## Task to carry out
Transcribe only part of the material below: the lines from the one containing "Owns-same gp gp' closers closers'" through the one containing "filename src/Gpool/Pool/Ownership/Borrow.antt", inclusive, exactly as written.

## Data extract
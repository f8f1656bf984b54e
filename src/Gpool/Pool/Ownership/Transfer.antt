-- ===== src/Gpool/Pool/Ownership/Transfer.antt =====
-- A connection changes hands: one write of its state, with the ring, the closing goroutines and
-- `inUse` that go with it.
use lgobase.Base.{
  ℕ, ◌+◌, ◌≡◌, ◌≢◌, sym, subst, ap, ◌∙◌, List, [], ◌∷◌, ◌++◌, some, arith, length, get_elem?,
  modify, get_elem?-modify_self, get_elem?-modify_ne, get_elem?-concat_last, get_elem?-concat_ne,
  get_elem?_above, count, ◌==◌, inl, inr, Bool-cases,
}
use lgobase.Gpool.IdleQueue.Ring.{Holds}
use lgobase.Gpool.Pool.{Gpool, PoolConn}
use lgobase.Gpool.Pool.Ownership.{
  Held, Owns, is_borrowed, is_idle, is_closing, borrowed_count-modify, borrowed_count-concat,
}

-- The change of one connection, as `Owns` sees it.
pub record Transfer (gp gp' : Gpool) (closers closers' : ℕ → ℕ) (ring ring' : List ℕ) (c : ℕ)
    (pc : PoolConn) (f : PoolConn → PoolConn) : Type 0 where
  pub held : get_elem? gp.conns c ≡ some pc
  pub conns_is : gp'.conns ≡ modify gp.conns c f
  pub holds : Holds gp'.idle ring'
  pub idle_here : count c ring' ≡ is_idle (some (f pc))
  pub idle_there : (j : ℕ) → j ≢ c → count j ring' ≡ count j ring
  pub closing_here : closers' c ≡ is_closing (some (f pc))
  pub closing_there : (j : ℕ) → j ≢ c → closers' j ≡ closers j
  pub in_use_is : gp'.in_use + is_borrowed pc.state ≡ gp.in_use + is_borrowed (f pc).state

at_place {ℓ} : (P : ℕ → Type ℓ) (c j : ℕ) → (j ≢ c → P j) → P c → P j
at_place P c j there here = elim (Bool-cases (j == c)) [
  | inl e ↦ subst P (sym (ground arith)) here
  | inr e ↦ there (ground arith)
]

pub Held-Transfer :
    (gp gp' : Gpool) (closers closers' : ℕ → ℕ) (ring ring' : List ℕ) (c : ℕ) (pc : PoolConn)
    (f : PoolConn → PoolConn)
    → Held gp closers ring
    → Transfer gp gp' closers closers' ring ring' c pc f
    → Held gp' closers' ring'
Held-Transfer gp gp' closers closers' ring ring' c pc f o t = record {
  holds = t.holds;
  idle_once = λ j. rw t.conns_is (
      at_place (λ j. count j ring' ≡ is_idle (get_elem? (modify gp.conns c f) j)) c j
        (λ ne.
          rw (get_elem?-modify_ne gp.conns c j f (λ e. ne (sym e)))
            (t.idle_there j ne ∙ o.idle_once j))
        (rw (get_elem?-modify_self gp.conns c f, t.held) t.idle_here));
  closing_once = λ j. rw t.conns_is (
      at_place (λ j. closers' j ≡ is_closing (get_elem? (modify gp.conns c f) j)) c j
        (λ ne.
          rw (get_elem?-modify_ne gp.conns c j f (λ e. ne (sym e)))
            (t.closing_there j ne ∙ o.closing_once j))
        (rw (get_elem?-modify_self gp.conns c f, t.held) t.closing_here));
  borrowed_is =
      rw t.conns_is
        (omega (arith, borrowed_count-modify gp.conns c f pc t.held, o.borrowed_is, t.in_use_is));
}

-- A new connection enters the heap.
pub Owns-add :
    (gp gp' : Gpool) (closers closers' : ℕ → ℕ) (pc : PoolConn) (o : Owns gp closers)
    → gp'.conns ≡ gp.conns ++ pc ∷ []
    → gp'.idle ≡ gp.idle
    → is_idle (some pc) ≡ 0
    → closers' (length gp.conns) ≡ is_closing (some pc)
    → ((j : ℕ) → j ≢ length gp.conns → closers' j ≡ closers j)
    → gp'.in_use ≡ gp.in_use + is_borrowed pc.state
    → Owns gp' closers'
Owns-add gp gp' closers closers' pc o e e' fresh here there n =
    let beyond = get_elem?_above gp.conns (length gp.conns) (omega arith) in
    (
      o.0,
      record {
        holds = rw e' o.1.holds;
        idle_once = λ j. rw e (
            at_place (λ j. count j o.0 ≡ is_idle (get_elem? (gp.conns ++ pc ∷ []) j))
              (length gp.conns) j
              (λ ne. rw (get_elem?-concat_ne gp.conns pc j ne) (o.1.idle_once j))
              (rw (get_elem?-concat_last gp.conns pc)
                (o.1.idle_once (length gp.conns) ∙ ap is_idle beyond ∙ sym fresh)));
        closing_once = λ j. rw e (
            at_place (λ j. closers' j ≡ is_closing (get_elem? (gp.conns ++ pc ∷ []) j))
              (length gp.conns) j
              (λ ne. rw (get_elem?-concat_ne gp.conns pc j ne) (there j ne ∙ o.1.closing_once j))
              (rw (get_elem?-concat_last gp.conns pc) here));
        borrowed_is = rw e (omega (arith, borrowed_count-concat gp.conns pc, o.1.borrowed_is));
      },
    )

-- A section that touches neither the ring, nor the heap of connections, nor `inUse`.
pub Owns-same :
    (gp gp' : Gpool) (closers closers' : ℕ → ℕ) (o : Owns gp closers)
    → gp'.conns ≡ gp.conns
    → gp'.idle ≡ gp.idle
    → gp'.in_use ≡ gp.in_use
    → ((j : ℕ) → closers' j ≡ closers j)
    → Owns gp' closers'
Owns-same gp gp' closers closers' o e e' n k = (
  o.0,
  record {
    holds = rw e' o.1.holds;
    idle_once = λ j. rw e (o.1.idle_once j);
    closing_once = λ j. rw e (k j ∙ o.1.closing_once j);
    borrowed_is = rw (e, n) o.1.borrowed_is;
  },
)
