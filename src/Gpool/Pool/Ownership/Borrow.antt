-- ===== src/Gpool/Pool/Ownership/Borrow.antt =====
-- Borrowing keeps track of every connection.
use lgobase.Base.{
  ℕ, ◌+◌, ◌-◌, ◌<◌, ◌≡◌, refl, sym, ap, ◌∙◌, List, [], ◌∷◌, ◌++◌, Option, none, some, arith, length,
  get_elem?, get_elem?_above, modify-modify, modify_concat, count, count-append, if◌then◌else◌,
  if_cases, inl, inr, Bool, Bool-cases, Option-cases, split_last, split_last_lem, subst, ltb,
  ltb→lt,
}
use lgobase.Base.Int.{ℤ, pos, ltb_ℤ, leb_ℤ}
use lgobase.Gpool.IdleQueue.{IdleQueue, pop, pop_newest}
use lgobase.Gpool.IdleQueue.Ring.{Holds, pop-Holds, pop_newest-Holds}
use lgobase.Gpool.Pool.{
  Gpool, borrowed, closing, Error, WaitResult, WaitResultKind, result_conn, result_create,
  WaiterState, queued, Outcome, set_state, capacity_used,
}
use lgobase.Gpool.Pool.Locked.{dispatch, finish_close, close_begin, new_for_use}
use lgobase.Gpool.Pool.Dispatch.{dispatch-Dispatched}
use lgobase.Gpool.Pool.Borrow.{
  Created, made, failed, finish_create_closed, finish_create_open, finish_create, use_idle,
  take_idle, get_from_idle, wait_begin, get, receive, handle_wait_result, handle_result,
  wait_result, cancel_in, cancel_waiter, is_stale,
}
use lgobase.Gpool.Pool.Counters.{out_closings}
use lgobase.Gpool.Pool.Ownership.{Owns, is_idle_inv}
use lgobase.Gpool.Pool.Ownership.Transfer.{Held-Transfer, Owns-add, Owns-same}

-- A section keeps track of the connections, with `closers` those of the other goroutines.
abbrev pub Tracks : (ℕ → ℕ) → Gpool × Outcome → Type 0
Tracks closers (gp, out) = Owns gp (λ j. count j (out_closings out) + closers j)

pub dispatch-Owns :
    (gp : Gpool) (closers closers' : ℕ → ℕ)
    → ((j : ℕ) → closers' j ≡ closers j)
    → Owns gp closers
    → Owns (dispatch gp) closers'
dispatch-Owns gp closers closers' k o =
    let d = dispatch-Dispatched gp in
    Owns-same gp (dispatch gp) closers closers' o d.conns_same d.idle_same d.in_use_same k

pub finish_close-Owns :
    (gp : Gpool) (closers closers' : ℕ → ℕ)
    → ((j : ℕ) → closers' j ≡ closers j)
    → Owns gp closers
    → Owns (finish_close gp) closers'
unfolding finish_close
finish_close-Owns gp closers closers' k o =
    Owns-same gp (finish_close gp) closers closers' o (ground arith) (ground arith) (ground arith) k

finish_create_closed-Tracks :
    (gp : Gpool) (r : Created) (closers : ℕ → ℕ)
    → Owns gp closers
    → Tracks closers (finish_create_closed gp r)
unfolding finish_create_closed close_begin
finish_create_closed-Tracks gp (made now) closers o =
    Owns-add gp _ closers _ (record { ctime = now; idle_time = pos 0; state = closing }) o
      (modify_concat gp.conns _ _) refl refl
      (ground (arith, o.1.closing_once (length gp.conns), beyond)) (λ j ne. ground arith)
      (omega arith)
  where
    beyond : get_elem? gp.conns (length gp.conns) ≡ none
    beyond = get_elem?_above gp.conns (length gp.conns) (omega arith)
finish_create_closed-Tracks gp (failed e) closers o =
    finish_close-Owns gp closers _ (λ j. omega arith) o

finish_create_open-Tracks :
    (gp : Gpool) (r : Created) (closers : ℕ → ℕ)
    → Owns gp closers
    → Tracks closers (finish_create_open gp r)
unfolding finish_create_open
finish_create_open-Tracks gp (made now) closers o =
    Owns-add gp _ closers _ (record { ctime = now; idle_time = pos 0; state = borrowed }) o refl
      refl refl (ground (arith, o.1.closing_once (length gp.conns), beyond)) (λ j ne. omega arith)
      refl
  where
    beyond : get_elem? gp.conns (length gp.conns) ≡ none
    beyond = get_elem?_above gp.conns (length gp.conns) (omega arith)
finish_create_open-Tracks gp (failed e) closers o = dispatch-Owns gp closers _ (λ j. omega arith) o

pub finish_create-Tracks :
    (gp : Gpool) (r : Created) (closers : ℕ → ℕ)
    → Owns gp closers
    → Tracks closers (finish_create gp r)
unfolding finish_create
finish_create-Tracks gp r closers o =
    let gp' = record gp { creating = gp.creating - 1 } in
    let o' = Owns-same gp gp' closers closers o refl refl refl (λ j. refl) in
    if_cases (Tracks closers) gp.closed (λ e. finish_create_closed-Tracks gp' r closers o')
      (λ e. finish_create_open-Tracks gp' r closers o')

-- The connection that leaves the ring.
use_idle-Tracks :
    (gp : Gpool) (q : IdleQueue ℕ) (c : ℕ) (ring' : List ℕ) (now : ℤ) (is_open : Bool)
    (closers : ℕ → ℕ) (o : Owns gp closers)
    → Holds q ring'
    → ((j : ℕ) → count j o.0 ≡ count j (c ∷ []) + count j ring')
    → Tracks closers (use_idle (record gp { idle = q }) c (get_elem? gp.conns c) now is_open)
unfolding use_idle close_begin
use_idle-Tracks gp q c ring' now is_open closers o h split =
    let (pc, e, s) =
      is_idle_inv (get_elem? gp.conns c) (ground (arith, o.1.idle_once c, split c)) in
    rw (e, use_idle)
      (if_cases (Tracks closers) (is_stale (record gp { idle = q }) pc now is_open)
        (λ stale. (
          ring',
          Held-Transfer gp _ closers _ o.0 ring' c pc (set_state closing) o.1 (record {
            held = e;
            conns_is = modify-modify gp.conns c (set_state borrowed) (set_state closing);
            holds = h;
            idle_here = ground (arith, o.1.idle_once c, split c);
            idle_there = λ j ne. ground (arith, split j);
            closing_here = ground (arith, o.1.closing_once c);
            closing_there = λ j ne. ground arith;
            in_use_is = ground arith;
          }),
        ))
        (λ fresh. (
          ring',
          Held-Transfer gp _ closers _ o.0 ring' c pc (set_state borrowed) o.1 (record {
            held = e;
            conns_is = refl;
            holds = h;
            idle_here = ground (arith, o.1.idle_once c, split c);
            idle_there = λ j ne. ground (arith, split j);
            closing_here = ground (arith, o.1.closing_once c);
            closing_there = λ j ne. omega arith;
            in_use_is = ground arith;
          }),
        )))

take_fifo-Tracks :
    (gp : Gpool) (ring : List ℕ) (now : ℤ) (is_open : ℕ → Bool) (closers : ℕ → ℕ)
    (o : Owns gp closers)
    → o.0 ≡ ring
    → 0 < gp.idle.size
    → Tracks closers (take_idle gp (pop gp.idle) now is_open)
unfolding take_idle
take_fifo-Tracks gp [] now is_open closers o e lt =
    absurd (omega (arith, o.1.holds.size_is, ap (length {0}) e))
take_fifo-Tracks gp (c ∷ ring) now is_open closers o e lt =
    let (h, p) = pop-Holds gp.idle c ring (subst (Holds gp.idle) e o.1.holds) in
    rw (p, take_idle)
      (use_idle-Tracks gp (pop gp.idle).0 c ring now (is_open c) closers o h
        (λ j. rw e (omega arith)))

take_lifo-Tracks :
    (gp : Gpool) (ring : List ℕ) (now : ℤ) (is_open : ℕ → Bool) (closers : ℕ → ℕ)
    (o : Owns gp closers)
    → o.0 ≡ ring
    → 0 < gp.idle.size
    → Tracks closers (take_idle gp (pop_newest gp.idle) now is_open)
unfolding take_idle
take_lifo-Tracks gp [] now is_open closers o e lt =
    absurd (omega (arith, o.1.holds.size_is, ap (length {0}) e))
take_lifo-Tracks gp (x ∷ xs) now is_open closers o e lt =
    let (rest, c) = split_last x xs in
    let whole : o.0 ≡ rest ++ c ∷ [] = e ∙ sym (split_last_lem x xs) in
    let (h, p) = pop_newest-Holds gp.idle rest c (subst (Holds gp.idle) whole o.1.holds) in
    rw (p, take_idle)
      (use_idle-Tracks gp (pop_newest gp.idle).0 c rest now (is_open c) closers o h
        (λ j. rw whole (omega (arith, count-append j rest (c ∷ [])))))

pub get_from_idle-Tracks :
    (gp : Gpool) (now : ℤ) (is_open : ℕ → Bool) (closers : ℕ → ℕ)
    → Owns gp closers
    → 0 < gp.idle.size
    → Tracks closers (get_from_idle gp now is_open)
unfolding get_from_idle
get_from_idle-Tracks gp now is_open closers o lt = elim (Bool-cases gp.pool_fifo) [
  | inl e ↦
      subst
        (λ b.
          Tracks closers (take_idle gp (if b then pop gp.idle else pop_newest gp.idle) now is_open))
        (sym e) (take_fifo-Tracks gp o.0 now is_open closers o refl lt)
  | inr e ↦
      subst
        (λ b.
          Tracks closers (take_idle gp (if b then pop gp.idle else pop_newest gp.idle) now is_open))
        (sym e) (take_lifo-Tracks gp o.0 now is_open closers o refl lt)
]

pub new_for_use-Tracks :
    (gp : Gpool) (closers : ℕ → ℕ) → Owns gp closers → Tracks closers (new_for_use gp)
unfolding new_for_use
new_for_use-Tracks gp closers o = Owns-same gp _ closers _ o refl refl refl (λ j. omega arith)

pub wait_begin-Tracks :
    (gp : Gpool) (closers : ℕ → ℕ) → Owns gp closers → Tracks closers (wait_begin gp)
unfolding wait_begin
wait_begin-Tracks gp closers o =
    let same = Owns-same gp gp closers (λ j. 0 + closers j) o refl refl refl (λ j. omega arith) in
    if_cases (Tracks closers) gp.closed (λ shut. same)
      (λ running.
        if_cases (Tracks closers) (leb_ℤ gp.max_waiters (pos (length gp.waiters))) (λ full. same)
          (λ room.
            dispatch-Owns _ closers _ (λ j. omega arith)
              (Owns-same gp _ closers closers o refl refl refl (λ j. refl))))

pub get-Tracks :
    (gp : Gpool) (now : ℤ) (is_open : ℕ → Bool) (closers : ℕ → ℕ)
    → Owns gp closers
    → Tracks closers (get gp now is_open)
unfolding get
get-Tracks gp now is_open closers o =
    if_cases (Tracks closers) gp.closed
      (λ shut. Owns-same gp gp closers _ o refl refl refl (λ j. omega arith))
      (λ running.
        if_cases (Tracks closers) (ltb 0 (length gp.waiters))
          (λ queued. wait_begin-Tracks gp closers o)
          (λ free.
            if_cases (Tracks closers) (ltb 0 gp.idle.size)
              (λ some_idle. get_from_idle-Tracks gp now is_open closers o (ltb→lt _ _ some_idle))
              (λ none_idle.
                if_cases (Tracks closers) (ltb_ℤ (pos (capacity_used gp)) gp.max_conns)
                  (λ room. new_for_use-Tracks gp closers o)
                  (λ full. wait_begin-Tracks gp closers o))))

handle_wait_result-Tracks :
    (gp : Gpool) (kind : WaitResultKind) (r : WaitResult) (closers : ℕ → ℕ)
    → Owns gp closers
    → Tracks closers (handle_wait_result gp kind r)
unfolding handle_wait_result
handle_wait_result-Tracks gp result_conn r closers o =
    Owns-same gp gp closers _ o refl refl refl (λ j. omega arith)
handle_wait_result-Tracks gp result_create r closers o =
    if_cases (Tracks closers) gp.closed
      (λ shut.
        finish_close-Owns _ closers _ (λ j. omega arith)
          (Owns-same gp _ closers closers o refl refl refl (λ j. refl)))
      (λ running. Owns-same gp gp closers _ o refl refl refl (λ j. omega arith))

handle_result-Tracks :
    (gp : Gpool) (r : WaitResult) (e : Option Error) (closers : ℕ → ℕ)
    → Owns gp closers
    → Tracks closers (handle_result gp r e)
unfolding handle_result
handle_result-Tracks gp r none closers o = handle_wait_result-Tracks gp r.kind r closers o
handle_result-Tracks gp r (some e) closers o =
    Owns-same gp gp closers _ o refl refl refl (λ j. omega arith)

pub wait_result-Tracks :
    (gp : Gpool) (w : ℕ) (closers : ℕ → ℕ) → Owns gp closers → Tracks closers (wait_result gp w)
unfolding wait_result
wait_result-Tracks gp w closers o = elim (Option-cases (receive w gp.results)) [
  | inl e ↦ rw e (Owns-same gp gp closers _ o refl refl refl (λ j. omega arith))
  | inr (a, e) ↦ rw e (
      handle_result-Tracks (record gp { results = a.1 }) a.0 a.0.err closers
        (Owns-same gp _ closers closers o refl refl refl (λ j. refl)))
]

cancel_in-Tracks :
    (gp : Gpool) (w : ℕ) (err : Error) (s : Option WaiterState) (closers : ℕ → ℕ)
    → Owns gp closers
    → Tracks closers (cancel_in gp w err s)
unfolding cancel_in
cancel_in-Tracks gp w err (some queued) closers o =
    dispatch-Owns _ closers _ (λ j. omega arith)
      (Owns-same gp _ closers closers o refl refl refl (λ j. refl))
cancel_in-Tracks gp w err _ closers o = wait_result-Tracks gp w closers o

pub cancel_waiter-Tracks :
    (gp : Gpool) (w : ℕ) (err : Error) (closers : ℕ → ℕ)
    → Owns gp closers
    → Tracks closers (cancel_waiter gp w err)
unfolding cancel_waiter
cancel_waiter-Tracks gp w err closers o =
    cancel_in-Tracks gp w err (get_elem? gp.waiter_states w) closers o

## Written solution
Owns-same gp gp' closers closers' o e e' n k = (
  o.0,
  record {
    holds = rw e' o.1.holds;
    idle_once = λ j. rw e (o.1.idle_once j);
    closing_once = λ j. rw e (k j ∙ o.1.closing_once j);
    borrowed_is = rw (e, n) o.1.borrowed_is;
  },
)
filename src/Gpool/Pool/Ownership/Borrow.antt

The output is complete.